§ **What to work on**
From the records below, output exactly the lines running from the line containing "-- Signed integers" through the line containing "above (fraction (negsuc n) k) = 0", and no others.

[Dataset]

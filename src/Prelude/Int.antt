-- ===== src/Prelude/Int.antt =====
-- Signed integers over the native numbers, and JavaScript numbers. A finite one is an integer or an
-- odd numerator over a power of two, so that equal numbers are equal values. `Num` is what the
-- program tells apart of a number that it only takes as an integer.
use Prim.Native.Nat.{ℕ, suc, ◌+◌, ◌*◌, ◌^◌, ◌≤◌}
use mathlib.Core.Bool.{Bool, false, ◌&&◌}
use pinout.Prelude.Tests.{ltb, nat_beq}

-- `negsuc n` is -(n + 1).
pub data ℤ : Type 0 where
  pos : ℕ → ℤ
  negsuc : ℕ → ℤ

abbrev pub pos_part : ℤ → ℕ
pos_part (pos n) = n
pos_part (negsuc n) = 0

abbrev pub neg_part : ℤ → ℕ
neg_part (pos n) = 0
neg_part (negsuc n) = suc n

infix 50 ◌≤ℤ◌
abbrev pub ◌≤ℤ◌ : ℤ → ℤ → Type 0
a ≤ℤ b = pos_part a + neg_part b ≤ pos_part b + neg_part a

abbrev pub ltb_ℤ : ℤ → ℤ → Bool
ltb_ℤ a b = ltb (pos_part a + neg_part b) (pos_part b + neg_part a)

pub data Num : Type 0 where
  not_finite : Num
  int : ℤ → Num

-- `fraction (pos n) k` is (2 n + 1) / 2 ^ (k + 1), and `fraction (negsuc n) k` is the negative of it.
pub data Finite : Type 0 where
  whole : ℤ → Finite
  fraction : ℤ → ℕ → Finite

pub data Number : Type 0 where
  infinite_or_nan : Number
  finite : Finite → Number

-- A finite number is (above - below) / scale.
abbrev pub above : Finite → ℕ
above (whole z) = pos_part z
above (fraction (pos n) k) = 2 * n + 1
above (fraction (negsuc n) k) = 0

abbrev pub below : Finite → ℕ
below (whole z) = neg_part z
below (fraction (pos n) k) = 0
below (fraction (negsuc n) k) = 2 * n + 1

abbrev pub scale : Finite → ℕ
scale (whole z) = 1
scale (fraction z k) = 2 ^ (k + 1)

-- `a < b`
abbrev pub less : Finite → Finite → Bool
less a b = ltb (above a * scale b + below b * scale a) (above b * scale a + below a * scale b)

infix 50 ◌≤F◌
abbrev pub ◌≤F◌ : Finite → Finite → Type 0
a ≤F b = above a * scale b + below b * scale a ≤ above b * scale a + below a * scale b

abbrev pub int_beq : ℤ → ℤ → Bool
int_beq (pos a) (pos b) = nat_beq a b
int_beq (negsuc a) (negsuc b) = nat_beq a b
int_beq _ _ = false

-- `a === b`
abbrev pub finite_beq : Finite → Finite → Bool
finite_beq (whole a) (whole b) = int_beq a b
finite_beq (fraction a k) (fraction b l) = int_beq a b && nat_beq k l
finite_beq _ _ = false
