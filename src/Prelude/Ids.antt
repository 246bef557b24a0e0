-- ===== src/Prelude/Ids.antt =====
-- Ids of the form `<kind>_<sequence>_<random>`: the pair of the two varying parts. The random part
-- is in base 36 and the sequence in decimal, so the text and the pair determine one another.
use Prim.Native.Nat.{ℕ}
use Prim.Native.String.{String}
use mathlib.Core.Path.{◌≡◌}
use mathlib.Core.Logic.{◌↔◌}
use mathlib.Core.Bool.{Bool, true, ◌&&◌}
use native.Mathlib.Omega.{arith}
use text.Mathlib.TextEquality.{eq_iff}
use pinout.Prelude.Tests.{nat_beq}
use pinout.Prelude.Equality.{Eq, ◌==◌, string_eq}

pub record IssuedId : Type 0 where
  pub sequence : ℕ
  pub suffix : String

abbrev pub issued_id_beq : IssuedId → IssuedId → Bool
issued_id_beq a b = nat_beq a.sequence b.sequence && a.suffix == b.suffix

pub issued_id_beq_iff : (a b : IssuedId) → (issued_id_beq a b ≡ true) ↔ (a ≡ b)
issued_id_beq_iff a b = ground (arith, eq_iff a.suffix b.suffix)

instance abbrev pub issued_id_eq : Eq IssuedId
issued_id_eq = record { equals = issued_id_beq; equals_iff = issued_id_beq_iff }
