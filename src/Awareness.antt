-- ===== src/Awareness.antt =====
-- packages/awareness/src/stateMachine.ts, the table of types.ts and `transitionPath` of store.ts:
-- the presence of a device. Of a record these functions read the state and the time it was last
-- seen, which are their arguments here; an error that is thrown is `none`.
pub mod Paths
pub mod Staleness
mod Examples
use pinout.Prelude.{
  ℕ, ◌+◌, Bool, true, false, not, ◌&&◌, ◌||◌, Option, none, some, List, [], ◌∷◌, String, ◌==◌,
  string_eq, leb, if◌then◌else◌, any,
}
use text.Mathlib.Text.{starts_with}

pub data AwarenessState : Type 0 where
  seen identified pending_enroll online stale offline : AwarenessState

abbrev pub state_beq : AwarenessState → AwarenessState → Bool
state_beq seen seen = true
state_beq identified identified = true
state_beq pending_enroll pending_enroll = true
state_beq online online = true
state_beq stale stale = true
state_beq offline offline = true
state_beq _ _ = false

-- `AWARENESS_TRANSITIONS`
unfoldable pub awareness_transitions : AwarenessState → List AwarenessState
awareness_transitions seen = identified ∷ pending_enroll ∷ stale ∷ offline ∷ []
awareness_transitions identified = pending_enroll ∷ online ∷ stale ∷ offline ∷ seen ∷ []
awareness_transitions pending_enroll = online ∷ identified ∷ stale ∷ offline ∷ []
awareness_transitions online = stale ∷ offline ∷ pending_enroll ∷ []
awareness_transitions stale = online ∷ pending_enroll ∷ identified ∷ seen ∷ offline ∷ []
awareness_transitions offline = seen ∷ identified ∷ pending_enroll ∷ online ∷ stale ∷ []

unfoldable pub can_transition : AwarenessState → AwarenessState → Bool
can_transition a b = state_beq a b || any (λ s. state_beq s b) (awareness_transitions a)

-- The lines of `transitionPath` behind its two tests.
unfoldable pub detour : AwarenessState → AwarenessState → Option (List AwarenessState)
detour seen pending_enroll = some (identified ∷ pending_enroll ∷ [])
detour seen online = some (identified ∷ pending_enroll ∷ online ∷ [])
detour identified online = some (pending_enroll ∷ online ∷ [])
detour stale pending_enroll =
    if can_transition stale pending_enroll
    then some (pending_enroll ∷ [])
    else some (identified ∷ pending_enroll ∷ [])
detour offline pending_enroll =
    if can_transition offline pending_enroll
    then some (pending_enroll ∷ [])
    else some (identified ∷ pending_enroll ∷ [])
detour stale online = some (online ∷ [])
detour offline online = some (online ∷ [])
detour stale identified = some (identified ∷ [])
detour offline identified = some (identified ∷ [])
detour stale seen = some (seen ∷ [])
detour offline seen = some (seen ∷ [])
detour pending_enroll seen = some (identified ∷ seen ∷ [])
detour _ _ = none

unfoldable pub transition_path : AwarenessState → AwarenessState → Option (List AwarenessState)
transition_path a b =
    if state_beq a b then some [] else if can_transition a b then some (b ∷ []) else detour a b

unfoldable pub is_known_module : Option String → Bool
is_known_module none = false
is_known_module (some id) = not (id == "" || (starts_with id "unknown/" || id == "unknown"))

unfoldable pub presence_state_for_observation : Bool → Option String → Bool → AwarenessState
presence_state_for_observation enrolled guessed_module_id has_identity_signal =
    if enrolled
    then online
    else if is_known_module guessed_module_id
    then pending_enroll
    else if has_identity_signal
    then identified
    else seen

pub record AwarenessStalenessConfig : Type 0 where
  pub stale_after_ms : ℕ
  pub offline_after_ms : ℕ

-- `now - lastSeen >= ms`, also for a clock that went back.
abbrev pub unseen_for : ℕ → ℕ → ℕ → Bool
unseen_for last_seen now ms = leb (last_seen + ms) now

unfoldable pub evaluate_staleness :
    AwarenessState → ℕ → ℕ → AwarenessStalenessConfig → Option AwarenessState
evaluate_staleness state last_seen now config =
    if state_beq state offline
    then none
    else if unseen_for last_seen now config.offline_after_ms && can_transition state offline
    then some offline
    else if unseen_for last_seen now config.stale_after_ms
        && (not (state_beq state stale) && can_transition state stale)
    then some stale
    else none
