-- ===== src/Awareness/Paths.antt =====
-- store.ts: the paths between the states of a device.
use mathlib.Core.Option.{some-injective}
use pinout.Prelude.{
  subst, ◌≡◌, refl, Bool, true, false, ◌&&◌, not, Option, none, some, List, [], ◌∷◌, String, arith,
  is_some,
}
use pinout.Awareness.{
  AwarenessState, seen, identified, pending_enroll, online, stale, offline, state_beq,
  awareness_transitions, can_transition, detour, transition_path, is_known_module,
  presence_state_for_observation,
}

-- A walk along allowed transitions from one state to another.
abbrev pub walks : AwarenessState → List AwarenessState → AwarenessState → Bool
walks a [] c = state_beq a c
walks a (b ∷ bs) c = can_transition a b && walks b bs c

-- An online device that is observed as no more than seen or identified.
abbrev pub falls_from_online : AwarenessState → AwarenessState → Bool
falls_from_online online seen = true
falls_from_online online identified = true
falls_from_online _ _ = false

abbrev Leads : AwarenessState → AwarenessState → Option (List AwarenessState) → Type 0
Leads a b none = falls_from_online a b ≡ true
Leads a b (some path) = (walks a path b ≡ true) × (falls_from_online a b ≡ false)

transition_path-Leads : (a b : AwarenessState) → Leads a b (transition_path a b)
unfolding transition_path detour can_transition awareness_transitions
transition_path-Leads seen b = ground arith
transition_path-Leads identified b = ground arith
transition_path-Leads pending_enroll b = ground arith
transition_path-Leads online b = ground arith
transition_path-Leads stale b = ground arith
transition_path-Leads offline b = ground arith

walks_along :
    (a b : AwarenessState) (found : Option (List AwarenessState)) (path : List AwarenessState)
    → Leads a b found
    → found ≡ some path
    → walks a path b ≡ true
walks_along a b none path h e = absurd (ground arith)
walks_along a b (some p) path h e = subst (λ q. walks a q b ≡ true) (some-injective p path e) h.0

exists_unless_falling :
    (a b : AwarenessState) (found : Option (List AwarenessState))
    → Leads a b found
    → is_some found ≡ not (falls_from_online a b)
exists_unless_falling a b none h = rw h refl
exists_unless_falling a b (some p) h = rw h.1 refl

-- A path that `transitionPath` finds is a walk along allowed transitions between the two states, so
-- that no `transition` on it throws.
pub transition_path-walks :
    (a b : AwarenessState) (path : List AwarenessState)
    → transition_path a b ≡ some path
    → walks a path b ≡ true
transition_path-walks a b path e =
    walks_along a b (transition_path a b) path (transition_path-Leads a b) e

-- `transitionPath` throws for two pairs of states only: from online to seen and to identified.
pub transition_path-is_some :
    (a b : AwarenessState) → is_some (transition_path a b) ≡ not (falls_from_online a b)
transition_path-is_some a b =
    exists_unless_falling a b (transition_path a b) (transition_path-Leads a b)

-- An online device that is observed while it is not enrolled, and whose module is not known, makes
-- `transitionPath` throw, whatever else identifies it.
pub observed_online :
    (guessed_module_id : Option String) (has_identity_signal : Bool)
    → is_known_module guessed_module_id ≡ false
    → transition_path online
        (presence_state_for_observation false guessed_module_id has_identity_signal)
      ≡ none
unfolding transition_path detour can_transition awareness_transitions presence_state_for_observation
observed_online id signal k = ground arith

[/Dataset]

§ **Response**
-- Signed integers over the native numbers, and JavaScript numbers. A finite one is an integer or an
-- odd numerator over a power of two, so that equal numbers are equal values. `Num` is what the
-- program tells apart of a number that it only takes as an integer.
use Prim.Native.Nat.{ℕ, suc, ◌+◌, ◌*◌, ◌^◌, ◌≤◌}
use mathlib.Core.Bool.{Bool, false, ◌&&◌}
use pinout.Prelude.Tests.{ltb, nat_beq}

-- `negsuc n` is -(n + 1).
pub data ℤ : Type 0 where
  pos : ℕ → ℤ
  negsuc : ℕ → ℤ

abbrev pub pos_part : ℤ → ℕ
pos_part (pos n) = n
pos_part (negsuc n) = 0

abbrev pub neg_part : ℤ → ℕ
neg_part (pos n) = 0
neg_part (negsuc n) = suc n

infix 50 ◌≤ℤ◌
abbrev pub ◌≤ℤ◌ : ℤ → ℤ → Type 0
a ≤ℤ b = pos_part a + neg_part b ≤ pos_part b + neg_part a

abbrev pub ltb_ℤ : ℤ → ℤ → Bool
ltb_ℤ a b = ltb (pos_part a + neg_part b) (pos_part b + neg_part a)

pub data Num : Type 0 where
  not_finite : Num
  int : ℤ → Num

-- `fraction (pos n) k` is (2 n + 1) / 2 ^ (k + 1), and `fraction (negsuc n) k` is the negative of it.
pub data Finite : Type 0 where
  whole : ℤ → Finite
  fraction : ℤ → ℕ → Finite

pub data Number : Type 0 where
  infinite_or_nan : Number
  finite : Finite → Number

-- A finite number is (above - below) / scale.
abbrev pub above : Finite → ℕ
above (whole z) = pos_part z
above (fraction (pos n) k) = 2 * n + 1
above (fraction (negsuc n) k) = 0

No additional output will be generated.